### Your task
Where the string "then" appears in a line of the data, show that line.

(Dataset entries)
::::

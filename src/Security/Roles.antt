-- ===== src/Security/Roles.antt =====
-- `ROLE_HIERARCHY`, `can_assign_role` and `has_minimum_role` of app/core/security.py. A level is one more
-- than the source's, so that the -1 of an unknown role is 0.
use mathlib.Core.Path.{subst}
use soc360_pymes.Prelude.{
  ℕ, String, ◌≡◌, refl, Bool, true, false, not, Option, none, some, arith, if◌then◌else◌, ltb, leb,
  str_eq, Bool-cases, sym, eq_iff, inl, inr,
}

unfoldable pub role_level : String → Option ℕ
role_level role =
    if str_eq role "viewer"
    then some 1
    else if str_eq role "analyst"
    then some 2
    else if str_eq role "ingestor"
    then some 2
    else if str_eq role "admin"
    then some 3
    else if str_eq role "superadmin"
    then some 100
    else none

-- `ROLE_HIERARCHY.get(role, -1)`
abbrev pub level_or_none : Option ℕ → ℕ
level_or_none none = 0
level_or_none (some n) = n

abbrev pub level : String → ℕ
level role = level_or_none (role_level role)

unfoldable pub can_assign_role : String → String → Bool
can_assign_role assigner target = ltb (level target) (level assigner)

unfoldable pub has_minimum_role : String → String → Bool
has_minimum_role user required = leb (level required) (level user)

complement : (x y : ℕ) → ltb x y ≡ not (leb y x)
complement x y = ground arith

irreflexive : (x : ℕ) → ltb x x ≡ false
irreflexive x = ground arith

leb_trans : (x y z : ℕ) → leb y x ≡ true → leb z y ≡ true → leb z x ≡ true
leb_trans x y z h k = ground arith

below_above : (x y z : ℕ) → leb y x ≡ true → ltb z y ≡ true → ltb z x ≡ true
below_above x y z h k = ground arith

-- A role may be assigned exactly by those who lie above it: the two tests are complementary, so that
-- nobody assigns their own role, and whoever passes a minimum passes every minimum, and may assign
-- every role, that this role passes and may assign.
can_assign_role-minimum :
    (a b c : String)
    → (can_assign_role a b ≡ not (has_minimum_role b a))
      × (can_assign_role a a ≡ false)
      × (has_minimum_role a b ≡ true → has_minimum_role b c ≡ true → has_minimum_role a c ≡ true)
      × (has_minimum_role a b ≡ true → can_assign_role b c ≡ true → can_assign_role a c ≡ true)
unfolding can_assign_role has_minimum_role
can_assign_role-minimum a b c = (
  complement (level b) (level a),
  irreflexive (level a),
  leb_trans (level a) (level b) (level c),
  below_above (level a) (level b) (level c),
)

text_is : (P : String → Type 0) (t role : String) → str_eq role t ≡ true → P t → P role
text_is P t role h p = subst P (sym ((eq_iff role t).0 h)) p

-- A property of a role that holds of the five roles and of every other.
by_role :
    (P : String → Type 0) (role : String)
    → P "viewer"
    → P "analyst"
    → P "ingestor"
    → P "admin"
    → P "superadmin"
    → (role_level role ≡ none → str_eq role "superadmin" ≡ false → P role)
    → P role
unfolding role_level
by_role P role viewer analyst ingestor admin superadmin other =
    elim (Bool-cases (str_eq role "viewer")) [
      | inl e ↦ text_is P "viewer" role e viewer
      | inr v ↦ elim (Bool-cases (str_eq role "analyst")) [
        | inl e ↦ text_is P "analyst" role e analyst
        | inr a ↦ elim (Bool-cases (str_eq role "ingestor")) [
          | inl e ↦ text_is P "ingestor" role e ingestor
          | inr i ↦ elim (Bool-cases (str_eq role "admin")) [
            | inl e ↦ text_is P "admin" role e admin
            | inr m ↦ elim (Bool-cases (str_eq role "superadmin")) [
              | inl e ↦ text_is P "superadmin" role e superadmin
              | inr s ↦ other (rw (v, a, i, m, s) refl) s
            ]
          ]
        ]
      ]
    ]

-- Nobody may assign the role of a superadmin, and only a superadmin that of an admin.
can_assign_role-top :
    (assigner : String)
    → (can_assign_role assigner "superadmin" ≡ false)
      × (can_assign_role assigner "admin" ≡ str_eq assigner "superadmin")
unfolding can_assign_role role_level
can_assign_role-top assigner =
    by_role (λ r. (ltb 100 (level r) ≡ false) × (ltb 3 (level r) ≡ str_eq r "superadmin")) assigner
      (refl, refl) (refl, refl) (refl, refl) (refl, refl) (refl, refl)
      (λ e f. rw (e, f) (refl, refl))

::::

### Written response
  ℕ, String, ◌≡◌, refl, Bool, true, false, not, Option, none, some, arith, if◌then◌else◌, ltb, leb,
    then some 1
    then some 2
    then some 2
    then some 3
    then some 100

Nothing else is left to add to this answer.